I would agree that it's probably from 1973, but are you sure it's got an 8210 movement in it? With that case number - 4-740131 - I'd have expected a different movement. Have you opened it up? If not, please could you!  There should be a movement number stamp near the balance wheel.

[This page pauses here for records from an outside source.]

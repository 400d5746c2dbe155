-- ===== src/Gateway/Packets.antt =====
-- `Gateway::PacketParser` of server/src/Gateway/PacketParser.cpp.
use r_type_server.Prelude.{
  ℕ, ◌+◌, ◌*◌, ◌%◌, ◌^◌, List, [], ◌∷◌, ◌++◌, not, ◌||◌, ltb, ◌==◌, take, get_or,
}
use r_type_server.Wire.{
  Bytes, Reader, incomplete_header, invalid_magic, invalid_version, ◌>>=◌, ◌>>◌, pure, need, check,
  peek, byte_at, get_next_val, be_bytes,
}
use r_type_server.Gateway.State.{Address, header_magic, minimum_version, maximum_version}

-- The offset is left at the command byte.
unfoldable pub get_header : Reader ℕ
unfolding get_next_val
get_header = do
  need 5 incomplete_header
  magic ← get_next_val 2
  check (magic == header_magic) invalid_magic
  ver ← get_next_val 1
  check (not (ltb ver minimum_version || ltb maximum_version ver)) invalid_version
  flags ← get_next_val 1
  need 1 incomplete_header
  byte_at 0

-- The four bytes at a pointer: of bytes in separate places, `|` is a sum.
unfoldable pub game_id_of : Bytes → ℕ
game_id_of d = get_or d 0 0 * 2 ^ 24 + get_or d 1 0 * 2 ^ 16 + get_or d 2 0 * 2 ^ 8 + get_or d 3 0

-- `extractGameId(data + offset + i)`
unfoldable pub extract_game_id : ℕ → Reader ℕ
unfolding game_id_of
extract_game_id i = do d ← peek i 4; pure (game_id_of d)

-- `parseGSKey(data, offset + i)`
unfoldable pub parse_gs_key : ℕ → Reader Address
parse_gs_key i = do
  d ← peek i 18
  pure (take 16 d, (get_or d 16 0 * 2 ^ 8 + get_or d 17 0) % 2 ^ 16)

-- `parseOccupancy(data, offset + i)`
unfoldable pub parse_occupancy : ℕ → Reader ℕ
parse_occupancy i = byte_at i

-- A round for each whole group of four bytes.
unfoldable pub gids_of : Bytes → List ℕ
unfolding game_id_of
gids_of (a ∷ b ∷ c ∷ d ∷ rest) = game_id_of (a ∷ b ∷ c ∷ d ∷ []) ∷ gids_of rest
gids_of _ = []

-- `parseGIDs(data, offset + i, offset + i + n)`
unfoldable pub parse_gids : ℕ → ℕ → Reader (List ℕ)
unfolding gids_of
parse_gids i n = do d ← peek i n; pure (gids_of d)

unfoldable pub build_header : ℕ → ℕ → Bytes
build_header cmd flags = 0x42 ∷ 0x57 ∷ 0x01 ∷ flags ∷ cmd ∷ []

unfoldable pub build_create_msg : ℕ → Bytes
unfolding build_header
build_create_msg gametype = build_header 3 0 ++ gametype ∷ []

-- `buildJoinMsgForClient(data, offset + i)` copies 22 bytes with no look at the buffer's size.
unfoldable pub build_join_msg_for_client : ℕ → Reader Bytes
unfolding build_header
build_join_msg_for_client i = do d ← peek i 22; pure (build_header 1 0 ++ d)

unfoldable pub build_join_msg_for_gs : List ℕ → ℕ → ℕ → Bytes
unfolding build_header be_bytes
build_join_msg_for_gs ip port id =
    build_header 1 0 ++ (1 ∷ (be_bytes 4 id ++ (ip ++ be_bytes 2 port)))

unfoldable pub build_simple_response : ℕ → Bytes
unfolding build_header
build_simple_response cmd = build_header cmd 0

Potentially a much rarer piece than the 8200 divers (which would be model number 52-0110 from that period btw).

I've not got this kind of diver in my collection so I'm not as well up on them generally as I should be - so if you can take a peek inside yours it would be great.

I have one diver, but a 'compressor' type, from 1968:










Stephen


----------



## Morris Minor (Oct 4, 2010)

K.I.T.T. said:


> To have one of these is lucky... :thumbsup:
> 
> To have two...
> 
> ...


Hi Mike - are these all the same model / movement do you know? Would be interested to know which one(s) they are :thumbsup:

Stephen


----------



## K.I.T.T. (Sep 5, 2003)

> Morris Minor
> 
> Hi Mike - are these all the same model / movement do you know? Would be interested to know which one(s) they are :thumbsup:
> 
> Stephen


Model Numbers:

62-6198

52-0110

52-0110

62-6198

62-6198

I think you might be right about the date spread 1972'ish - to early 1980s... You used to be able to pick these up for a lot less Â£'s than a Seiko 6309-7040... But they were always quite scarce... Harder to find but cheaper to buy! How things change!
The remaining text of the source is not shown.